▶ What to do
Copy every line from the data below in which the string "start" can be found.

▶ Records provided
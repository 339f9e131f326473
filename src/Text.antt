-- ===== src/Text.antt =====
-- Texts as the packages `strings` and `strconv` of Go handle them, for the readers of lines and of the
-- command line: canboat/inputoutput.go, canboat/device.go, cmd/n2kreader. A text is its bytes.
pub mod Decimal
pub mod Parts
use Prim.Native.Char.{code}
use Prim.Native.String.{String}
use go_nmea_client.Common.{
  ℕ, zero, suc, ◌+◌, ◌-◌, ◌*◌, ◌/◌, ◌%◌, ◌^◌, List, [], ◌∷◌, ◌++◌, Bool, true, false, Result, ok,
  err, ◌>>=◌, ltb, leb, ◌==◌, ◌&&◌, ◌||◌, if◌then◌else◌,
}

abbrev pub Bytes : Type 0
Bytes = List ℕ

-- The bytes of an ASCII literal.
abbrev pub codes : String → Bytes
codes String.[] = []
codes (String.◌∷◌ c s) = code c ∷ codes s

unfoldable pub text_eq : Bytes → Bytes → Bool
text_eq [] [] = true
text_eq [] (d ∷ t) = false
text_eq (c ∷ s) [] = false
text_eq (c ∷ s) (d ∷ t) = c == d && text_eq s t

-- One more byte at the start of the first part.
unfoldable pub extend : ℕ → List Bytes → List Bytes
extend c [] = (c ∷ []) ∷ []
extend c (p ∷ parts) = (c ∷ p) ∷ parts

-- `strings.Split` with a separator of one byte: a text without it is one part.
unfoldable pub split : ℕ → Bytes → List Bytes
split sep [] = [] ∷ []
split sep (c ∷ s) = let rest = split sep s in if c == sep then [] ∷ rest else extend c rest

-- `strings.Join(parts, "")`
unfoldable pub concat : List Bytes → Bytes
concat [] = []
concat (p ∷ parts) = p ++ concat parts

-- The white space of ASCII.
unfoldable pub is_space : ℕ → Bool
is_space c = (leb 9 c && leb c 13) || (c == b' ')

unfoldable pub trim_left : Bytes → Bytes
trim_left [] = []
trim_left (c ∷ s) = let rest = trim_left s in if is_space c then rest else c ∷ s

unfoldable pub trim_right : Bytes → Bytes
trim_right [] = []
trim_right (c ∷ s) =
    let rest = trim_right s in
    if is_space c then (elim rest [ [] ↦ [] | d ∷ t ↦ c ∷ d ∷ t ]) else c ∷ rest

-- `strings.TrimSpace` of an ASCII text
unfoldable pub trim_space : Bytes → Bytes
trim_space s = trim_right (trim_left s)

-- `strconv.ErrSyntax` and `strconv.ErrRange`
pub data NumError : Type 0 where
  syntax range : NumError

unfoldable pub is_digit : ℕ → Bool
is_digit c = leb b'0' c && leb c b'9'

-- The loop of `ParseUint` to base 10 with the largest value allowed. The product of a value that is
-- allowed is below 2 ^ 68, and the source refuses it before it could wrap around.
unfoldable pub scan_uint : ℕ → Bytes → ℕ → Result NumError ℕ
scan_uint max [] n = ok n
scan_uint max (c ∷ s) n =
    let m = n * 10 + (c - b'0') in
    let rest = scan_uint max s m in
    if is_digit c then (if ltb max m then err range else rest) else err syntax

-- `strconv.ParseUint(s, 10, bits)`
unfoldable pub parse_uint : ℕ → Bytes → Result NumError ℕ
parse_uint bits [] = err syntax
parse_uint bits (c ∷ s) = scan_uint (2 ^ bits - 1) (c ∷ s) 0

-- `int`, a whole number of 64 bits; `negsuc n` is `- (n + 1)`.
pub data ℤ : Type 0 where
  pos negsuc : ℕ → ℤ

unfoldable pub minus : ℕ → ℤ
minus zero = pos zero
minus (suc n) = negsuc n

-- The digits behind the sign, read as a uint64 before the bound is tested.
unfoldable pub magnitude : ℕ → Bytes → Result NumError ℕ
magnitude max s = parse_uint 64 s >>= λ n. if ltb max n then err range else ok n

-- `strconv.Atoi`: a sign, if there is one, and digits.
unfoldable pub atoi : Bytes → Result NumError ℤ
atoi [] = err syntax
atoi (c ∷ s) =
    if c == b'-'
    then (magnitude (2 ^ 63) s >>= λ n. ok (minus n))
    else if c == b'+'
    then (magnitude (2 ^ 63 - 1) s >>= λ n. ok (pos n))
    else (magnitude (2 ^ 63 - 1) (c ∷ s) >>= λ n. ok (pos n))

-- `T(n)` for an unsigned type of the width.
unfoldable pub to_unsigned : ℕ → ℤ → ℕ
to_unsigned bits (pos n) = n % 2 ^ bits
to_unsigned bits (negsuc n) = 2 ^ bits - 1 - n % 2 ^ bits

-- The rounds of `FormatUint`, each with one more digit in front.
unfoldable pub format_digits : ℕ → ℕ → Bytes → Bytes
format_digits zero n out = out
format_digits (suc rounds) n out =
    let out' = (b'0' + n % 10) ∷ out in
    let rest = format_digits rounds (n / 10) out' in if ltb n 10 then out' else rest

-- `strconv.FormatUint(n, 10)`, and `strconv.Itoa(n)` where `n` is not negative: at most 20 digits.
unfoldable pub format_uint : ℕ → Bytes
format_uint n = format_digits 20 n []
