-- ===== src/Text/Parts.antt =====
-- Texts split at a separator, and texts that stay as they are when white space is trimmed.
use mathlib.Core.List.{append-nil}
use go_nmea_client.Common.{ℕ, ◌≡◌, ◌≢◌, refl, ap, ◌∙◌, List, [], ◌∷◌, ◌++◌, true, false, arith, All}
use go_nmea_client.Text.{Bytes, split, extend, trim_left, trim_right, trim_space, is_space}

-- A text without the separator.
abbrev pub Lacks : ℕ → Bytes → Type 0
Lacks sep = All (λ c. c ≢ sep)

module _ (sep : ℕ) where
  -- Every part behind a separator.
  unfoldable pub separated : List Bytes → Bytes
  separated [] = []
  separated (p ∷ parts) = sep ∷ p ++ separated parts

  split-append :
      (p rest : Bytes) (first : Bytes) (parts : List Bytes)
      → Lacks sep p
      → split sep rest ≡ first ∷ parts
      → split sep (p ++ rest) ≡ (p ++ first) ∷ parts
  unfolding split extend
  split-append [] rest first parts h e = e
  split-append (c ∷ p) rest first parts h e = ground (arith, split-append p rest first parts h.1 e)

  split_at_separator : (s : Bytes) → split sep (sep ∷ s) ≡ [] ∷ split sep s
  unfolding split
  split_at_separator s = ground arith

  -- Splitting gives the parts back, if none holds the separator.
  pub split-separated :
      (p : Bytes) (parts : List Bytes)
      → Lacks sep p
      → All (Lacks sep) parts
      → split sep (p ++ separated parts) ≡ p ∷ parts
  unfolding separated
  split-separated p [] h hs = split-append p [] [] [] h (unfold split in refl) ∙ rw append-nil refl
  split-separated p (q ∷ parts) h (hq, hs) =
      split-append p (separated (q ∷ parts)) [] (q ∷ parts) h
        (split_at_separator (q ++ separated parts) ∙ ap (◌∷◌ []) (split-separated q parts hq hs))
      ∙ rw append-nil refl

abbrev pub IsSpace : ℕ → Type 0
IsSpace c = is_space c ≡ true

trim_right_spaces : (after : Bytes) → All IsSpace after → trim_right after ≡ []
unfolding trim_right
trim_right_spaces [] h = refl
trim_right_spaces (c ∷ after) h = rw (h.0, trim_right_spaces after h.1) refl

trim_right-append_last :
    (s : Bytes) (c : ℕ) (after : Bytes)
    → is_space c ≡ false
    → All IsSpace after
    → trim_right (s ++ (c ∷ after)) ≡ s ++ (c ∷ [])
unfolding trim_right
trim_right-append_last [] c after h ha = rw (h, trim_right_spaces after ha) refl
trim_right-append_last (d ∷ []) c after h ha =
    ground (arith, trim_right-append_last [] c after h ha)
trim_right-append_last (d ∷ e ∷ s) c after h ha =
    ground (arith, trim_right-append_last (e ∷ s) c after h ha)

trim_left-append : (before s : Bytes) → All IsSpace before → trim_left (before ++ s) ≡ trim_left s
unfolding trim_left
trim_left-append [] s h = refl
trim_left-append (c ∷ before) s h = rw h.0 (trim_left-append before s h.1)

-- White space is trimmed from the ends only: what remains is the text between its first and its last
-- character that is no space.
pub trim_space-inner :
    (before : Bytes) (first : ℕ) (s : Bytes) (last : ℕ) (after : Bytes)
    → All IsSpace before
    → is_space first ≡ false
    → is_space last ≡ false
    → All IsSpace after
    → trim_space (before ++ (first ∷ (s ++ (last ∷ after)))) ≡ first ∷ (s ++ (last ∷ []))
unfolding trim_space trim_left
trim_space-inner before first s last after hb hf hl ha =
    ap trim_right (trim_left-append before (first ∷ (s ++ (last ∷ after))) hb)
    ∙ rw hf (trim_right-append_last (first ∷ s) last after hl ha)
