-- ===== src/Actisense/N2kAscii/Reader.antt =====
-- actisense/n2kasciidevice.go: `ReadRawMessage`, which cuts lines from the reads of the device. The device
-- and the context are the list of what its reads give.
pub mod Pieces
use go_nmea_client.Common.{
  ℕ, ◌+◌, ◌-◌, ◌*◌, List, [], ◌∷◌, Option, none, some, true, false, Result, ok, err, panic, zero,
  suc, ◌≤◌, ◌≡◌, refl, ap, sym, ◌∙◌, ◌++◌, All, arith, length-append, map, leb, ◌==◌, if◌then◌else◌,
  length, take, drop, replicate, overwrite, overwrite_from,
}
use go_nmea_client.Nmea.{RawMessage, iso_tp_data_max_size}
use go_nmea_client.Actisense.RawAscii.{index_byte}
use go_nmea_client.Actisense.N2kAscii as N2kAscii
use go_nmea_client.Actisense.N2kAscii.{parse_n2k_ascii}

pub record N2kAsciiDevice : Type 0 where
  pub read_buffer : List ℕ
  pub read_index : ℕ

unfoldable pub new_n2k_ascii_device : N2kAsciiDevice
new_n2k_ascii_device = record {
  read_buffer = replicate (iso_tp_data_max_size * 2) 0;
  read_index = 0;
}

-- A round of the loop: the context is done, or what a read gives, with the time after it.
pub data Input : Type 0 where
  cancelled failed : Input
  got : List ℕ → ℕ → Input

pub data Error : Type 0 where
  context_done read_failed : Error
  bad_line : N2kAscii.Error → Error

-- The end of a call, or another round. Where the reads run out, the device is left waiting.
pub data Outcome : Type 0 where
  returned : Result Error RawMessage → N2kAsciiDevice → List Input → Outcome
  waits : N2kAsciiDevice → Outcome
  panicked : Outcome

-- A line with its end at an index of the read: the buffer with the line, and the number of its bytes.
unfoldable pub with_line : N2kAsciiDevice → List ℕ → ℕ → List ℕ × ℕ
with_line d buf end = (overwrite_from d.read_index d.read_buffer (take end buf), d.read_index + end)

-- The bytes behind the line start the next one.
unfoldable pub left_over : List ℕ → List ℕ → ℕ → N2kAsciiDevice
left_over buffer buf end = record {
  read_buffer = overwrite buffer (drop (end + 1) buf);
  read_index = length buf - (end + 1);
}

unfoldable pub append_read : N2kAsciiDevice → List ℕ → N2kAsciiDevice
append_read d buf = record {
  read_buffer = overwrite_from d.read_index d.read_buffer buf;
  read_index = d.read_index + length buf;
}

-- What a read does: the loop goes on, or the call returns.
pub data Turn : Type 0 where
  goes_on : N2kAsciiDevice → Turn
  gives : Result Error RawMessage → N2kAsciiDevice → Turn
  crashes : Turn

unfoldable pub after_line : N2kAsciiDevice → Result N2kAscii.Error (Option RawMessage) → Turn
after_line d (ok none) = goes_on d
after_line d (ok (some msg)) = gives (ok msg) d
after_line d (err e) = gives (err (bad_line e)) d
after_line d panic = crashes

-- A slice that would start or end behind the buffer is a panic.
unfoldable pub on_read : N2kAsciiDevice → List ℕ → ℕ → Turn
on_read d buf now = elim (index_byte buf 10) [
  | none ↦
      if length buf == 0
      then goes_on d
      else if leb d.read_index (length d.read_buffer)
      then goes_on (append_read d buf)
      else crashes
  | some end ↦
      let line = with_line d buf end in
      if leb line.1 (length d.read_buffer)
      then after_line (left_over line.0 buf end) (parse_n2k_ascii line.0 line.1 now)
      else crashes
]

-- `ReadRawMessage`
unfoldable pub read_n2k_message : N2kAsciiDevice → List Input → Outcome
read_n2k_message d [] = waits d
read_n2k_message d (cancelled ∷ rest) = returned (err context_done) d rest
read_n2k_message d (failed ∷ rest) = returned (err read_failed) d rest
read_n2k_message d (got buf now ∷ rest) = elim (on_read d buf now) [
  | goes_on d' ↦ read_n2k_message d' rest
  | gives r d' ↦ returned r d' rest
  | crashes ↦ panicked
]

▶ Output
-- One more byte at the start of the first part.
-- The bytes behind the line start the next one.
-- A slice that would start or end behind the buffer is a panic.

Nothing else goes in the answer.